- [Records provided]:
####################

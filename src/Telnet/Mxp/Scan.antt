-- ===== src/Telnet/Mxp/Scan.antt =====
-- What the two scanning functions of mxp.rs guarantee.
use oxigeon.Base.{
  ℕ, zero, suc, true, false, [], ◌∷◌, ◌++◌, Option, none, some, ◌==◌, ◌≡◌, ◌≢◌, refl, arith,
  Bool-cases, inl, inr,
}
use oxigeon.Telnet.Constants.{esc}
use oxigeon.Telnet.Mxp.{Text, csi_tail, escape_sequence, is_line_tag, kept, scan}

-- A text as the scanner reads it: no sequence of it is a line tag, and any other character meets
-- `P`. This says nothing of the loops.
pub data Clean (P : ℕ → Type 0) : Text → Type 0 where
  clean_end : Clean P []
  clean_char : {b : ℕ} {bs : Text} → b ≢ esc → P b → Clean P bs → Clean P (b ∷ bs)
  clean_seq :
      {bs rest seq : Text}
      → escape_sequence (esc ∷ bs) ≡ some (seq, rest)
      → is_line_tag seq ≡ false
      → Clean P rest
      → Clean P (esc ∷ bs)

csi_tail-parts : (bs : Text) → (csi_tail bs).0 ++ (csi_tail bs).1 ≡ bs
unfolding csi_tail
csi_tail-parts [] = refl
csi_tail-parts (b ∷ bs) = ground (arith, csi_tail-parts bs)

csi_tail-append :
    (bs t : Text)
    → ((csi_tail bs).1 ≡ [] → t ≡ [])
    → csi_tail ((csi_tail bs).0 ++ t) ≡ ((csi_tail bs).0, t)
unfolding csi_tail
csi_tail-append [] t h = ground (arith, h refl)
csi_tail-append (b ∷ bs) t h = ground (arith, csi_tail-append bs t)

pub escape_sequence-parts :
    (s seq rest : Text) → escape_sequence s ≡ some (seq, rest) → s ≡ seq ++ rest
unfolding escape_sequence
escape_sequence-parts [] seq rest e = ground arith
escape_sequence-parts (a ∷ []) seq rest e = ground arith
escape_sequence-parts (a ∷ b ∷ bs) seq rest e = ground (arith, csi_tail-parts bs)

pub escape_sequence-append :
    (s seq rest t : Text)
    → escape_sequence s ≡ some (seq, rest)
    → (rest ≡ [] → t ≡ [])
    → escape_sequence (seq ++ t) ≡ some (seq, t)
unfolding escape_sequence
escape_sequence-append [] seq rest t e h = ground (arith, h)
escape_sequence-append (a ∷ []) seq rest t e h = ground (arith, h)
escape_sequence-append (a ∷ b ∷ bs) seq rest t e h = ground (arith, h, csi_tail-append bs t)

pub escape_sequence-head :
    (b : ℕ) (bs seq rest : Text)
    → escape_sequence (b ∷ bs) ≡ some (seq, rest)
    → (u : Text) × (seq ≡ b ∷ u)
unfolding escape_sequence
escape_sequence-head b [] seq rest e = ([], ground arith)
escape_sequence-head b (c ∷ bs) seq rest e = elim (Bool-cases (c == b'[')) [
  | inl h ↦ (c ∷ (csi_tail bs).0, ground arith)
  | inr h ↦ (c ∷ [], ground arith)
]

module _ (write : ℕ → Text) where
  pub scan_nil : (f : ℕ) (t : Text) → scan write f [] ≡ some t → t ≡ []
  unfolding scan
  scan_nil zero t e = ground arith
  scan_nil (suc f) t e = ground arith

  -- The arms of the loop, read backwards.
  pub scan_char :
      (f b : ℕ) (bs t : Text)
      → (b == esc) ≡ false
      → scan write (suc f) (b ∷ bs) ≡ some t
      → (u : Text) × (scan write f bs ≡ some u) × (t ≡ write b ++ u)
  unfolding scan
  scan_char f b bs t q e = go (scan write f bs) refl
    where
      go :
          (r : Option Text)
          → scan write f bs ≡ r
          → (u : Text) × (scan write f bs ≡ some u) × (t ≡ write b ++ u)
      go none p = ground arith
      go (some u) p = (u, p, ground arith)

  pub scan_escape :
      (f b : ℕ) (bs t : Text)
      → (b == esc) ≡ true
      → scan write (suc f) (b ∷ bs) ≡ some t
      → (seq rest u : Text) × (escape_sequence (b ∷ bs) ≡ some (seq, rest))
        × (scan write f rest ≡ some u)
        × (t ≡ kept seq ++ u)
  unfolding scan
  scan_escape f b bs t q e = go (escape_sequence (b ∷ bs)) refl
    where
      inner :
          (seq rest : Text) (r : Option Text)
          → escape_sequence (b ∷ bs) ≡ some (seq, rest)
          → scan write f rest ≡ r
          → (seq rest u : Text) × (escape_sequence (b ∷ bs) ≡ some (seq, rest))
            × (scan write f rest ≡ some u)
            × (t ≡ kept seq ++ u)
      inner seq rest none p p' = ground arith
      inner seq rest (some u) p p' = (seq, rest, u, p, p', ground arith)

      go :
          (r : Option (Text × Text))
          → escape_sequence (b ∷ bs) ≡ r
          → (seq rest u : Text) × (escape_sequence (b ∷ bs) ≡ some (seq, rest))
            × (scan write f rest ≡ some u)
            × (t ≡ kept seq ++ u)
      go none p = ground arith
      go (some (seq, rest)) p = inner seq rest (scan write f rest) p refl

####################

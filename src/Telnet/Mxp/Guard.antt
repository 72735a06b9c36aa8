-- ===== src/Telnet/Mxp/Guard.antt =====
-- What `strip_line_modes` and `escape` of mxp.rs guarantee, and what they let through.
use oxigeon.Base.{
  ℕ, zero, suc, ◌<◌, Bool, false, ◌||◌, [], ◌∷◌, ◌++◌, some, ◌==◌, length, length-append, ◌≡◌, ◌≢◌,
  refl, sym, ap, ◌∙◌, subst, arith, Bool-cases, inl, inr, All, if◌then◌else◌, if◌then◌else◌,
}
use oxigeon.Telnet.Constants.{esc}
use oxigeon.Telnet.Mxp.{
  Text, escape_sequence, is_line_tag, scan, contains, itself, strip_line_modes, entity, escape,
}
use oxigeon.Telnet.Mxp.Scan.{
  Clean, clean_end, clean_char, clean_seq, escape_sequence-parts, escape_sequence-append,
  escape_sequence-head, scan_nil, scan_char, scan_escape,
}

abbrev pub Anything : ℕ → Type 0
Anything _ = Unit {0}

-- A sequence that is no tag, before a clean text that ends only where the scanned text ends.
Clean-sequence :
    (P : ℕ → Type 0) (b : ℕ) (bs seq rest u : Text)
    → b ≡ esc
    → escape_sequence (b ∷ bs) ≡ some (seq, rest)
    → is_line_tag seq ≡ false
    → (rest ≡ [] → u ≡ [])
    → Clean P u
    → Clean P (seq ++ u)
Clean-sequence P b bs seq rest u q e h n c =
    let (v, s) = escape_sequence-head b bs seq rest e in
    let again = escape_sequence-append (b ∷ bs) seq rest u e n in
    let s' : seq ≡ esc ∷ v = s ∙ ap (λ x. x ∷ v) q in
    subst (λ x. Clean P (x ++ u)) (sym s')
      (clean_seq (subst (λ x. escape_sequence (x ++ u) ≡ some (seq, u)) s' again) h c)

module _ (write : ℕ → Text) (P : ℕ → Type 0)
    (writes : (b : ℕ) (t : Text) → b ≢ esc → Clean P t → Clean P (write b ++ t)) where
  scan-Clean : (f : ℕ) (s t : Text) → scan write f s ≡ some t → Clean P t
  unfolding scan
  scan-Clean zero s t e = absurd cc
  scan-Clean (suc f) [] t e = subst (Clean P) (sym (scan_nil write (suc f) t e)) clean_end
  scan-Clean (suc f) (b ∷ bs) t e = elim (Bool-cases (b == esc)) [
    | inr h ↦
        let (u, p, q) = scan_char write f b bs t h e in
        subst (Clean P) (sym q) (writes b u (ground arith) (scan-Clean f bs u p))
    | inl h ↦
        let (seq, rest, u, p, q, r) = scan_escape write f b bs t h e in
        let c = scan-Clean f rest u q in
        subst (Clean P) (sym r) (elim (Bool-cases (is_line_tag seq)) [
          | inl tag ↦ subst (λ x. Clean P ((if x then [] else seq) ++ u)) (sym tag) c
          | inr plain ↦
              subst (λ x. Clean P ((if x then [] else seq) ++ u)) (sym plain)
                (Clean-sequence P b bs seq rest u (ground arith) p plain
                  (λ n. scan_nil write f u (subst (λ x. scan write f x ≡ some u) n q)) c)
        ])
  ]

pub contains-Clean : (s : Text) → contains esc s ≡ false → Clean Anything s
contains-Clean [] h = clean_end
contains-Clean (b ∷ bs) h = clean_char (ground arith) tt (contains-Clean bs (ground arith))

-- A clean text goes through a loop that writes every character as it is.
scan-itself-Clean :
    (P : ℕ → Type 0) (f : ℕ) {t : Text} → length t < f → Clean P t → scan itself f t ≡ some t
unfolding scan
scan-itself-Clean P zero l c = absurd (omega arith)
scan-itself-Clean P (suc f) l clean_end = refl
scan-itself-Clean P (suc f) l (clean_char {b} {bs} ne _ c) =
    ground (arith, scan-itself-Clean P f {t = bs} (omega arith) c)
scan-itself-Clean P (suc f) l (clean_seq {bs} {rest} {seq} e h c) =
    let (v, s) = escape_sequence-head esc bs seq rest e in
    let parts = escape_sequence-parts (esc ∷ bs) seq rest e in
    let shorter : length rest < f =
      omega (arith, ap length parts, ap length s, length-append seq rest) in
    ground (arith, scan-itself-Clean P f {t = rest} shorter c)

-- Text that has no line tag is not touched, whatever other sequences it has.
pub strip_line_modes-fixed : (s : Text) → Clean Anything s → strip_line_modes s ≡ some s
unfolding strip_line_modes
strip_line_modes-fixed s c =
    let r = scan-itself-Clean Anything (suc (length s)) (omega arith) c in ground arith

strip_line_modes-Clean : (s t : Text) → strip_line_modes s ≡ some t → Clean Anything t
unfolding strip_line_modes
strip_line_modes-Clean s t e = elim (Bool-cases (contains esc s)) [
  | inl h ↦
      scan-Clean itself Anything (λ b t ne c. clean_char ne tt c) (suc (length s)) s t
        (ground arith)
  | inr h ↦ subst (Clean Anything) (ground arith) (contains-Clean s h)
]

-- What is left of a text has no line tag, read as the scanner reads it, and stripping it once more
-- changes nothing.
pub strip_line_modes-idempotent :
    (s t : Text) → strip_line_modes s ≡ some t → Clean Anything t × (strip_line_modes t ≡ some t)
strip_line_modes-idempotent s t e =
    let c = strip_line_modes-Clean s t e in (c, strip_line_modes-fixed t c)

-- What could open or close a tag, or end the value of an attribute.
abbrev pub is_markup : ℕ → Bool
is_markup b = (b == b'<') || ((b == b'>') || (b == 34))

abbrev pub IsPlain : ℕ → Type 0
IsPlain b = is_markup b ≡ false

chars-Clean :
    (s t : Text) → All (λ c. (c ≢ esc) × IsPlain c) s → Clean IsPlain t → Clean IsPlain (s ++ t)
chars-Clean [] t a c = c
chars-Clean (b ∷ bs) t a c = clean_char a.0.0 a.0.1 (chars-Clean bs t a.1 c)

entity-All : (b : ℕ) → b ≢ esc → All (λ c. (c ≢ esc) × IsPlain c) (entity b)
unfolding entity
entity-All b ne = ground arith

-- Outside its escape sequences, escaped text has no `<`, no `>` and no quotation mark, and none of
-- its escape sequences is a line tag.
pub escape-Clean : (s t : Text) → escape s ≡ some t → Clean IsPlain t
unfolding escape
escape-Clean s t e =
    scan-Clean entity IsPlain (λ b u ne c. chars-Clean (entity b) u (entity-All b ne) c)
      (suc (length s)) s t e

####################

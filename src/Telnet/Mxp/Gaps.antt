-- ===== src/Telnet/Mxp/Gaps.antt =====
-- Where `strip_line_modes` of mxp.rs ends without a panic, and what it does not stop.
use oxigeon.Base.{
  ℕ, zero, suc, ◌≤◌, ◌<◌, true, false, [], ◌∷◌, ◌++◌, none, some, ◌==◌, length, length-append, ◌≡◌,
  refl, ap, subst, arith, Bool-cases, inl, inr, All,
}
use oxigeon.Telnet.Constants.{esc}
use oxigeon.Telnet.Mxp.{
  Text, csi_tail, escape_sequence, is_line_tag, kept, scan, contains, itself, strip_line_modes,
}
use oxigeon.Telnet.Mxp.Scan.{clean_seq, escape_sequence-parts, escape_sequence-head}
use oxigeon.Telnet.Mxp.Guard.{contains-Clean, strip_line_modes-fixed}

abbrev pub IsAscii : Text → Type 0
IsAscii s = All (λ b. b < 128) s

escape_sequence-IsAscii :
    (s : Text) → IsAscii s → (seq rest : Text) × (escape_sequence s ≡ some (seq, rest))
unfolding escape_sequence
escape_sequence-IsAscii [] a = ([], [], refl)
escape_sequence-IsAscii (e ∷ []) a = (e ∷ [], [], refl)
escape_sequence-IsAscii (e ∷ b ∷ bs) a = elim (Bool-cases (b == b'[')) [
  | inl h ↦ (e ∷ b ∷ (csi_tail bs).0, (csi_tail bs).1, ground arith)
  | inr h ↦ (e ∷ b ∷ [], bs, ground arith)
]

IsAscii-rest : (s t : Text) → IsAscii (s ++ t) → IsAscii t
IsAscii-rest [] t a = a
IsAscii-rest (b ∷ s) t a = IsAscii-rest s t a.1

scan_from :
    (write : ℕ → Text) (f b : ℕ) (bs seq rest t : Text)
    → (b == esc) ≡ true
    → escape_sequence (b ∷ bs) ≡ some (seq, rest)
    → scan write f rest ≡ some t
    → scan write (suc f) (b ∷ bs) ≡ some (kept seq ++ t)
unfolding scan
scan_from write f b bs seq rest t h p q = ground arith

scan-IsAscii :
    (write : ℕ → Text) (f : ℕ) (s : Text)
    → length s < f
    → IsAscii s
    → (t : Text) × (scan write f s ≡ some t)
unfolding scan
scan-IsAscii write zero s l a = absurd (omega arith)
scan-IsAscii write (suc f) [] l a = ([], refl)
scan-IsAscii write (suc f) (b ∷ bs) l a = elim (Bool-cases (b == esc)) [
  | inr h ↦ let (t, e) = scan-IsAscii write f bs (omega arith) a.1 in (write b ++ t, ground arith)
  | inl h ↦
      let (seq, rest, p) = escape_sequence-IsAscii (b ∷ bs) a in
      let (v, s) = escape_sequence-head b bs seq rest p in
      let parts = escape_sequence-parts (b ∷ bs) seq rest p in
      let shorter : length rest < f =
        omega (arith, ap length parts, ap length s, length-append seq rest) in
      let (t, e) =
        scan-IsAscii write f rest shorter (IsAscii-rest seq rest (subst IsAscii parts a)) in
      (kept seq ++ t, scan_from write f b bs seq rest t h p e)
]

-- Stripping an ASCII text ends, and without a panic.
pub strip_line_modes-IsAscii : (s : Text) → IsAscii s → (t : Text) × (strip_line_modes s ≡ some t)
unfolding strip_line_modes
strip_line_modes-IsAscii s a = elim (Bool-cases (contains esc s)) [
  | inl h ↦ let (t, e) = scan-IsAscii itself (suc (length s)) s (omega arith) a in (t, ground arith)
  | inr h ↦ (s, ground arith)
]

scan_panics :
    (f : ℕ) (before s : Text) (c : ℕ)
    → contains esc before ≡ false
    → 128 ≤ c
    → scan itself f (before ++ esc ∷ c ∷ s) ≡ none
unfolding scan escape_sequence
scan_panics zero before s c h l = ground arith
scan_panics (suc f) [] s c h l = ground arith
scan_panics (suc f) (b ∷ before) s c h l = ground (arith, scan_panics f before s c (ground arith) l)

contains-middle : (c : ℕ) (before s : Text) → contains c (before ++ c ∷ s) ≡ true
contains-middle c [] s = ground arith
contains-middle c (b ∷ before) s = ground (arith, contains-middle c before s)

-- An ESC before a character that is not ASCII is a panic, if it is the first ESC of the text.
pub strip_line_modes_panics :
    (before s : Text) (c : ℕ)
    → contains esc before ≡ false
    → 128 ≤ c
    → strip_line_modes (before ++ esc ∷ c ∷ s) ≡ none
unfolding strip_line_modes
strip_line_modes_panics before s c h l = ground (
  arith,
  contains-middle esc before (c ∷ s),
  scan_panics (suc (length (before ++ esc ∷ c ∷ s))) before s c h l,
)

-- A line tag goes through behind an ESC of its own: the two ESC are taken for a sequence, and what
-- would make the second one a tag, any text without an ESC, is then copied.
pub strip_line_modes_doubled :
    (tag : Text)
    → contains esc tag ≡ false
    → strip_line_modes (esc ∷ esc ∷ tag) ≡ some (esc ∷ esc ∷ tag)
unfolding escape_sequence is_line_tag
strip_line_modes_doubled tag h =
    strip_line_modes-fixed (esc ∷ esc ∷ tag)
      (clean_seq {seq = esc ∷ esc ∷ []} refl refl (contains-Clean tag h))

####################

- [Task instructions]:
In the listing above, find the line with "escape_sequence-append (a ∷ [])" and the line with "module _ (write : ℕ → Text) where"; output exactly those lines and all lines between them.

- [Problem solution]:
escape_sequence-append (a ∷ []) seq rest t e h = ground (arith, h)
escape_sequence-append (a ∷ b ∷ bs) seq rest t e h = ground (arith, h, csi_tail-append bs t)

pub escape_sequence-head :
    (b : ℕ) (bs seq rest : Text)
    → escape_sequence (b ∷ bs) ≡ some (seq, rest)
    → (u : Text) × (seq ≡ b ∷ u)
unfolding escape_sequence
escape_sequence-head b [] seq rest e = ([], ground arith)
escape_sequence-head b (c ∷ bs) seq rest e = elim (Bool-cases (c == b'[')) [
  | inl h ↦ (c ∷ (csi_tail bs).0, ground arith)
  | inr h ↦ (c ∷ [], ground arith)
]

module _ (write : ℕ → Text) where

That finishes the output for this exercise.